Exercise instructions —
Every record that follows must be returned word for word.

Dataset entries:
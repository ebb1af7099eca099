-- ===== src/WinPerfCounters/Implementation.antt =====
-- The interface that the collector calls, filled by `performanceQueryImpl`, and the laws of it that
-- the collector's behaviour rests on.
use win_perf_counters.Pdh.Api.{Pdh}
use win_perf_counters.Prelude.{ℕ, ◌≡◌, refl, Bool, false, not, ◌==◌, arith}
use win_perf_counters.Query.Values.{
  get_counter_path, expand_wild_card_path, get_raw_counter_value,
  get_formatted_counter_value_double, get_raw_counter_array, get_formatted_counter_array_double,
}
use win_perf_counters.Query.{
  Query, new_performance_query, close, open_fresh, open_query, add_counter_to_query,
  add_english_counter_to_query, is_vista_or_newer, collect_data, collect_data_with_time,
}
use win_perf_counters.Result.{Error, uninitialized_query, err}
use win_perf_counters.Text.{Text}
use win_perf_counters.WinPerfCounters.Model.{PerformanceQuery}

abbrev pub performance_query : {W T D : Type 0} → Pdh W T D → PerformanceQuery W Query T D
performance_query api = record {
  new_performance_query = new_performance_query;
  open_query = open_query api;
  close = close api;
  add_counter_to_query = add_counter_to_query api;
  add_english_counter_to_query = add_english_counter_to_query api;
  get_counter_path = get_counter_path api;
  expand_wild_card_path = expand_wild_card_path api;
  get_raw_counter_value = get_raw_counter_value api;
  get_formatted_counter_value_double = get_formatted_counter_value_double api;
  get_raw_counter_array = get_raw_counter_array api;
  get_formatted_counter_array_double = get_formatted_counter_array_double api;
  collect_data = collect_data api;
  collect_data_with_time = collect_data_with_time api;
  is_vista_or_newer = is_vista_or_newer api;
}

-- What the collector may rely on. `is_open` tells the queries that are open.
pub record QueryLaws {W Q T D : Type 0} (queries : PerformanceQuery W Q T D) (is_open : Q → Bool)
    : Type 0 where
  pub created :
      (computer : Text) (n : ℕ) → is_open (queries.new_performance_query computer n) ≡ false
  pub open_failed :
      (q : Q) (w : W) (e : Error)
      → is_open q ≡ false
      → (queries.open_query q w).0 ≡ err e
      → is_open (queries.open_query q w).1 ≡ false
  pub close_unopened :
      (q : Q) (w : W) → is_open q ≡ false → queries.close q w ≡ (err uninitialized_query, q, w)
  pub collect_unopened :
      (q : Q) (w : W)
      → is_open q ≡ false
      → queries.collect_data q w ≡ (err uninitialized_query, q, w)
  pub add_unopened :
      (q : Q) (w : W) (path : Text)
      → is_open q ≡ false
      → queries.add_counter_to_query path q w ≡ (err uninitialized_query, q, w)
  pub add_english_unopened :
      (q : Q) (w : W) (path : Text)
      → is_open q ≡ false
      → queries.add_english_counter_to_query path q w ≡ (err uninitialized_query, q, w)

abbrev pub has_handle : Query → Bool
has_handle q = not (q.query_handle == 0)

module _ {W T D : Type 0} (api : Pdh W T D) where
  open_query_failed :
      (q : Query) (w : W) (e : Error)
      → has_handle q ≡ false
      → (open_query api q w).0 ≡ err e
      → has_handle (open_query api q w).1 ≡ false
  unfolding open_query open_fresh
  open_query_failed q w e shut failed = ground arith

  close_unopened :
      (q : Query) (w : W) → has_handle q ≡ false → close api q w ≡ (err uninitialized_query, q, w)
  unfolding close
  close_unopened q w shut = ground arith

  collect_unopened :
      (q : Query) (w : W)
      → has_handle q ≡ false
      → collect_data api q w ≡ (err uninitialized_query, q, w)
  unfolding collect_data
  collect_unopened q w shut = ground arith

  add_unopened :
      (q : Query) (w : W) (path : Text)
      → has_handle q ≡ false
      → (add_counter_to_query api path q w ≡ (err uninitialized_query, q, w))
        × (add_english_counter_to_query api path q w ≡ (err uninitialized_query, q, w))
  unfolding add_counter_to_query add_english_counter_to_query
  add_unopened q w path shut = ground arith

  -- The implementation keeps the laws, for every system.
  pub performance_query-QueryLaws : QueryLaws (performance_query api) has_handle
  performance_query-QueryLaws = record {
    created = λ computer n. refl;
    open_failed = open_query_failed;
    close_unopened = close_unopened;
    collect_unopened = collect_unopened;
    add_unopened = λ q w path shut. (add_unopened q w path shut).0;
    add_english_unopened = λ q w path shut. (add_unopened q w path shut).1;
  }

Response to the task —
repository ebb1af7099eca099
-- ===== src/WinPerfCounters/Implementation.antt =====
-- The interface that the collector calls, filled by `performanceQueryImpl`, and the laws of it that
-- the collector's behaviour rests on.
use win_perf_counters.Pdh.Api.{Pdh}
use win_perf_counters.Prelude.{ℕ, ◌≡◌, refl, Bool, false, not, ◌==◌, arith}
use win_perf_counters.Query.Values.{
  get_counter_path, expand_wild_card_path, get_raw_counter_value,
  get_formatted_counter_value_double, get_raw_counter_array, get_formatted_counter_array_double,
}
use win_perf_counters.Query.{
  Query, new_performance_query, close, open_fresh, open_query, add_counter_to_query,
  add_english_counter_to_query, is_vista_or_newer, collect_data, collect_data_with_time,
}
use win_perf_counters.Result.{Error, uninitialized_query, err}
use win_perf_counters.Text.{Text}
use win_perf_counters.WinPerfCounters.Model.{PerformanceQuery}

abbrev pub performance_query : {W T D : Type 0} → Pdh W T D → PerformanceQuery W Query T D
performance_query api = record {
  new_performance_query = new_performance_query;
  open_query = open_query api;
  close = close api;
  add_counter_to_query = add_counter_to_query api;
  add_english_counter_to_query = add_english_counter_to_query api;
  get_counter_path = get_counter_path api;
  expand_wild_card_path = expand_wild_card_path api;
  get_raw_counter_value = get_raw_counter_value api;
  get_formatted_counter_value_double = get_formatted_counter_value_double api;
  get_raw_counter_array = get_raw_counter_array api;
  get_formatted_counter_array_double = get_formatted_counter_array_double api;
  collect_data = collect_data api;
  collect_data_with_time = collect_data_with_time api;
  is_vista_or_newer = is_vista_or_newer api;
}

-- What the collector may rely on. `is_open` tells the queries that are open.
pub record QueryLaws {W Q T D : Type 0} (queries : PerformanceQuery W Q T D) (is_open : Q → Bool)
    : Type 0 where
  pub created :
      (computer : Text) (n : ℕ) → is_open (queries.new_performance_query computer n) ≡ false
  pub open_failed :
      (q : Q) (w : W) (e : Error)
      → is_open q ≡ false
      → (queries.open_query q w).0 ≡ err e
      → is_open (queries.open_query q w).1 ≡ false
  pub close_unopened :
      (q : Q) (w : W) → is_open q ≡ false → queries.close q w ≡ (err uninitialized_query, q, w)
  pub collect_unopened :
      (q : Q) (w : W)
      → is_open q ≡ false
      → queries.collect_data q w ≡ (err uninitialized_query, q, w)
  pub add_unopened :
      (q : Q) (w : W) (path : Text)
      → is_open q ≡ false
      → queries.add_counter_to_query path q w ≡ (err uninitialized_query, q, w)
  pub add_english_unopened :
      (q : Q) (w : W) (path : Text)
      → is_open q ≡ false
      → queries.add_english_counter_to_query path q w ≡ (err uninitialized_query, q, w)

abbrev pub has_handle : Query → Bool
has_handle q = not (q.query_handle == 0)

module _ {W T D : Type 0} (api : Pdh W T D) where
  open_query_failed :
      (q : Query) (w : W) (e : Error)
      → has_handle q ≡ false
      → (open_query api q w).0 ≡ err e
      → has_handle (open_query api q w).1 ≡ false
  unfolding open_query open_fresh
  open_query_failed q w e shut failed = ground arith

  close_unopened :
      (q : Query) (w : W) → has_handle q ≡ false → close api q w ≡ (err uninitialized_query, q, w)
  unfolding close
  close_unopened q w shut = ground arith

  collect_unopened :
      (q : Query) (w : W)
      → has_handle q ≡ false
      → collect_data api q w ≡ (err uninitialized_query, q, w)
  unfolding collect_data
  collect_unopened q w shut = ground arith

  add_unopened :
      (q : Query) (w : W) (path : Text)
      → has_handle q ≡ false
      → (add_counter_to_query api path q w ≡ (err uninitialized_query, q, w))
        × (add_english_counter_to_query api path q w ≡ (err uninitialized_query, q, w))
  unfolding add_counter_to_query add_english_counter_to_query
  add_unopened q w path shut = ground arith

  -- The implementation keeps the laws, for every system.
  pub performance_query-QueryLaws : QueryLaws (performance_query api) has_handle
  performance_query-QueryLaws = record {
    created = λ computer n. refl;
    open_failed = open_query_failed;
    close_unopened = close_unopened;
    collect_unopened = collect_unopened;
    add_unopened = λ q w path shut. (add_unopened q w path shut).0;
    add_english_unopened = λ q w path shut. (add_unopened q w path shut).1;
  }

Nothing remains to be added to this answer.